Re: Does Codd's view of a relational database differ from that of Date & Darwin? [M.Gittens]

From: FrankHamersley <FrankHamersleyZat_at_hotmail.com>
Date: Mon, 06 Jun 2005 12:55:36 GMT
Message-ID: <cJXoe.4372$F7.3008_at_news-server.bigpond.net.au>


Paul wrote:

> mountain man wrote:

>>According to this reference we can replace a null in the salary
>>field with "Salary not known" and/or "Unsalaried". This has
>>taken some work to do, by a database professional, to derive
>>an "improved" version of the personnel table (when needed).
>>
>>So what? The original design schema is simply missing information
>>for these elements, and this information needs to be entered,
>>and/or determined and entered.
> 
> If you replaced both "Salary unknown" and "Unsalaried" with NULLs, how
> do you distinguish between the two?

Without redressing the fundamental weaknesses in the schema you can't.

However I remain to be convinced that the domain "overloading" used to underpin Date's example is a useful contribution to the state of the art.
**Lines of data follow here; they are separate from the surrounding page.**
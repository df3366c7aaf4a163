-- ===== src/Trust/Types.antt =====
-- The records of the rendezvous server's trust store (src/rendezvous/trust-store.ts), of the device
-- challenges and ticket claims (src/shared/trust-protocol.ts), and of the platform's cryptography.
use pipane.Base.{ℕ, Bool, Option, List, Result}
use pipane.Base.Dict.{Dict}

pub data Error : Type 0 where
  unsupported_purpose backend_id_required connection_id_required pair_id_required : Error
  target_device_id_required invite_missing device_unknown_or_revoked public_key_mismatch : Error
  existing_device_required invalid_public_key challenge_missing wrong_purpose : Error
  invalid_signature backend_not_authorized malformed_ticket ticket_expired : Error
  ticket_from_future ticket_used not_a_pairing capability_used backend_owned_by_other : Error
  device_revoked device_account_mismatch device_of_other_account invite_mismatch : Error
  invalid_invite_secret already_has_access belongs_to_other invite_account_missing : Error
  target_not_in_account backend_not_in_account account_missing : Error

-- `unsupported` stands for every other string that a request may carry.
pub data Purpose : Type 0 where
  pair connect discover create_device_invite accept_device_invite : Purpose
  revoke_device revoke_backend unsupported : Purpose

pub record Account : Type 0 where
  pub account_id : ℕ
  pub device_ids : List ℕ
  pub backend_ids : List ℕ
  pub created_at : ℕ

pub record Device : Type 0 where
  pub device_id : ℕ
  pub public_key : ℕ
  pub account_id : ℕ
  pub created_at : ℕ
  pub revoked_at : Option ℕ

pub record Revocation : Type 0 where
  pub account_id : ℕ
  pub revoked_at : ℕ

pub record Completion : Type 0 where
  pub pair_id : ℕ
  pub ticket_id : ℕ
  pub account_id : ℕ
  pub device_id : ℕ
  pub backend_id : ℕ
  pub completed_at : ℕ

pub record Invite : Type 0 where
  pub invite_id : ℕ
  pub secret_hash : ℕ
  pub account_id : ℕ
  pub created_by_device_id : ℕ
  pub created_at : ℕ
  pub expires_at : ℕ

pub record Request : Type 0 where
  pub purpose : Purpose
  pub device_id : Option ℕ
  pub device_public_key : Option ℕ
  pub backend_id : Option ℕ
  pub connection_id : Option ℕ
  pub pair_id : Option ℕ
  pub target_device_id : Option ℕ

pub record Challenge : Type 0 where
  pub challenge_id : ℕ
  pub nonce : ℕ
  pub purpose : Purpose
  pub device_id : ℕ
  pub device_public_key : ℕ
  pub backend_id : Option ℕ
  pub connection_id : Option ℕ
  pub pair_id : Option ℕ
  pub target_device_id : Option ℕ
  pub expires_at : ℕ

pub data TicketKind : Type 0 where
  pairing connection : TicketKind

pub record Claims : Type 0 where
  pub kind : TicketKind
  pub ticket_id : ℕ
  pub backend_id : ℕ
  pub connection_id : ℕ
  pub device_id : ℕ
  pub device_public_key : ℕ
  pub account_id : Option ℕ
  pub pair_id : Option ℕ
  pub issued_at : ℕ
  pub expires_at : ℕ

pub record State : Type 0 where
  pub accounts : Dict Account
  pub devices : Dict Device
  pub backend_owners : Dict ℕ
  pub backend_revocations : Dict Revocation
  pub pairing_completions : Dict Completion
  pub device_invites : Dict Invite
  pub used_tickets : Dict ℕ

-- `disk` is what the file at `statePath` holds: `persist` replaces it by an atomic rename.
pub record Store : Type 0 where
  pub state : State
  pub challenges : Dict Challenge
  pub disk : State
  pub challenge_ttl : ℕ
  pub ticket_ttl : ℕ

-- The platform's cryptography. `none` and an error stand for an exception.
pub record Crypto : Type 0 where
  pub derive_device_id : ℕ → Option ℕ
  pub verify_device_signature : ℕ → Challenge → ℕ → Bool
  pub hash_invite_secret : ℕ → ℕ
  pub sign_ticket : Claims → ℕ
  pub open_ticket : ℕ → Result Error Claims
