-- ===== src/Trust/Challenges.antt =====
-- src/rendezvous/trust-store.ts: createChallenge, consumeChallenge and the checks that they use,
-- prune and persist.
use pipane.Base.{
  ℕ, ◌+◌, ◌≡◌, arith, Bool, true, false, not, ◌&&◌, ◌||◌, Option, none, some, Result, ok, err,
  ◌>>=◌, ◌>>◌, throw_if, or_throw, ltb, leb, ◌!=◌, if◌then◌else◌, truthy, is_some,
}
use pipane.Base.Dict.{get, put, remove, retain, some_dropped}
use pipane.Trust.Types.{
  Error, unsupported_purpose, backend_id_required, connection_id_required, pair_id_required,
  target_device_id_required, invite_missing, device_unknown_or_revoked, public_key_mismatch,
  existing_device_required, invalid_public_key, challenge_missing, wrong_purpose, invalid_signature,
  Purpose, pair, connect, discover, create_device_invite, accept_device_invite, revoke_device,
  revoke_backend, unsupported, Device, Invite, Request, Challenge, State, Store, Crypto,
}

-- `purpose === other`
abbrev pub same_purpose : Purpose → Purpose → Bool
same_purpose pair pair = true
same_purpose connect connect = true
same_purpose discover discover = true
same_purpose create_device_invite create_device_invite = true
same_purpose accept_device_invite accept_device_invite = true
same_purpose revoke_device revoke_device = true
same_purpose revoke_backend revoke_backend = true
same_purpose _ _ = false

-- persist
unfoldable pub persist : Store → Store
persist s = record s { disk = s.state }

abbrev pub live_challenge : ℕ → Challenge → Bool
live_challenge now c = ltb now c.expires_at

abbrev pub live_invite : ℕ → Invite → Bool
live_invite now i = ltb now i.expires_at

abbrev pub live_ticket : ℕ → ℕ → Bool
live_ticket now expires_at = ltb now expires_at

-- prune: what has expired goes; the file is written if the stored state changed.
unfoldable pub prune : ℕ → Store → Store
unfolding persist
prune now s =
    let kept = record s {
      challenges = retain (live_challenge now) s.challenges;
      state = record (s.state) {
        device_invites = retain (live_invite now) s.state.device_invites;
        used_tickets = retain (live_ticket now) s.state.used_tickets;
      };
    } in
    if some_dropped (live_invite now) s.state.device_invites
      || some_dropped (live_ticket now) s.state.used_tickets
    then persist kept
    else kept

-- What is left of the stored state.
abbrev pub pruned : ℕ → State → State
pruned now state = record state {
  device_invites = retain (live_invite now) state.device_invites;
  used_tickets = retain (live_ticket now) state.used_tickets;
}

pub state-prune : (now : ℕ) (s : Store) → (prune now s).state ≡ pruned now s.state
unfolding prune
state-prune now s = ground arith

abbrev needs_backend : Purpose → Bool
needs_backend discover = false
needs_backend create_device_invite = false
needs_backend accept_device_invite = false
needs_backend _ = true

-- The invite that an acceptance names, with `!request.pairId` checked first.
abbrev invite_known : State → Option ℕ → Bool
invite_known state none = false
invite_known state (some id) = id != 0 && is_some (get id state.device_invites)

-- validateChallengeContext
unfoldable pub validate_challenge_context : State → Request → Result Error (Unit {0})
validate_challenge_context state r = do
  throw_if (same_purpose r.purpose unsupported) unsupported_purpose
  throw_if (needs_backend r.purpose && not (truthy r.backend_id)) backend_id_required
  throw_if
      ((same_purpose r.purpose pair || same_purpose r.purpose connect)
        && not (truthy r.connection_id))
      connection_id_required
  throw_if (same_purpose r.purpose pair && not (truthy r.pair_id)) pair_id_required
  throw_if (same_purpose r.purpose accept_device_invite && not (invite_known state r.pair_id))
      invite_missing
  throw_if (same_purpose r.purpose revoke_device && not (truthy r.target_device_id))
      target_device_id_required

-- May a device that the store does not know ask for this challenge?
abbrev pub admits_new_device : Purpose → Bool
admits_new_device pair = true
admits_new_device accept_device_invite = true
admits_new_device _ = false

-- A device's id and public key.
pub record Identity : Type 0 where
  pub device_id : ℕ
  pub public_key : ℕ

-- `request.devicePublicKey && request.devicePublicKey !== device.publicKey`
abbrev other_key : Option ℕ → ℕ → Bool
other_key none key = false
other_key (some k) key = k != 0 && k != key

known_identity : Request → Device → Result Error Identity
known_identity r d = do
  throw_if (is_some d.revoked_at) device_unknown_or_revoked
  throw_if (other_key r.device_public_key d.public_key) public_key_mismatch
  ok (record { device_id = d.device_id; public_key = d.public_key })

module _ (crypto : Crypto) where
  open crypto use {derive_device_id, verify_device_signature}

  -- An unknown id that the request gives with its key: the id must be the key's.
  new_identity : Purpose → ℕ → Option ℕ → Result Error Identity
  new_identity purpose id none = err device_unknown_or_revoked
  new_identity purpose id (some key) = do
    throw_if (not (admits_new_device purpose && key != 0)) device_unknown_or_revoked
    derived ← or_throw (derive_device_id key) invalid_public_key
    throw_if (derived != id) device_unknown_or_revoked
    ok (record { device_id = id; public_key = key })

  -- A request without an id: the id is derived from the key.
  derived_identity : Purpose → Option ℕ → Result Error Identity
  derived_identity purpose none = err existing_device_required
  derived_identity purpose (some key) = do
    throw_if (not (admits_new_device purpose && key != 0)) existing_device_required
    derived ← or_throw (derive_device_id key) invalid_public_key
    ok (record { device_id = derived; public_key = key })

  with_id : State → Request → ℕ → Result Error Identity
  unfolding known_identity new_identity
  with_id state r id = elim (get id state.devices) [
    | none ↦ new_identity r.purpose id r.device_public_key
    | some d ↦ known_identity r d
  ]

  -- resolveChallengeIdentity
  unfoldable pub resolve_challenge_identity : State → Request → Result Error Identity
  unfolding with_id derived_identity
  resolve_challenge_identity state r = elim r.device_id [
    | none ↦ derived_identity r.purpose r.device_public_key
    | some id ↦
        if id != 0 then with_id state r id else derived_identity r.purpose r.device_public_key
  ]

  new_challenge : ℕ → ℕ → ℕ → Request → Identity → ℕ → Challenge
  new_challenge now id nonce r who ttl = record {
    challenge_id = id;
    nonce = nonce;
    purpose = r.purpose;
    device_id = who.device_id;
    device_public_key = who.public_key;
    backend_id = r.backend_id;
    connection_id = r.connection_id;
    pair_id = r.pair_id;
    target_device_id = r.target_device_id;
    expires_at = now + ttl;
  }

  -- createChallenge; `id` and `nonce` are the random values that it draws.
  unfoldable pub create_challenge : ℕ → ℕ → ℕ → Request → Store → Result Error Challenge × Store
  unfolding new_challenge
  create_challenge now id nonce r s =
      let kept = prune now s in
      elim (validate_challenge_context kept.state r >> resolve_challenge_identity kept.state r) [
        | err e ↦ (err e, kept)
        | ok who ↦
            let c = new_challenge now id nonce r who kept.challenge_ttl in
            (ok c, record kept { challenges = put id c kept.challenges })
      ]

  -- The checks of consumeChallenge.
  unfoldable pub check_challenge : ℕ → ℕ → Purpose → Option Challenge → Result Error Challenge
  check_challenge now signature expected none = err challenge_missing
  check_challenge now signature expected (some c) = do
    throw_if (leb c.expires_at now) challenge_missing
    throw_if (not (same_purpose c.purpose expected)) wrong_purpose
    throw_if (not (verify_device_signature c.device_public_key c signature)) invalid_signature
    ok c

  -- consumeChallenge: the challenge is gone whatever the checks say.
  unfoldable pub consume_challenge : ℕ → ℕ → ℕ → Purpose → Store → Result Error Challenge × Store
  consume_challenge now id signature expected s = (
    check_challenge now signature expected (get id s.challenges),
    record s { challenges = remove id s.challenges },
  )

-- requireActiveDevice
unfoldable pub require_active_device : State → ℕ → Result Error Device
require_active_device state id = do
  device ← or_throw (get id state.devices) device_unknown_or_revoked
  throw_if (is_some device.revoked_at) device_unknown_or_revoked
  ok device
Frankly my first impression was to see it as justifying a steaming hot pile! There are no signs of any elegance regardless of how unsatisfactory that is to purists, although I expect Date would cite the limitations of the current technologies as largely responsible for the latent ugliness of the "null-less solution".

Personally I see the better solution within the context of this thread is to have a discrete attribute with a domain of "Salaried, Unsalaried".   The argument about to null or not to null (sic) is for another time.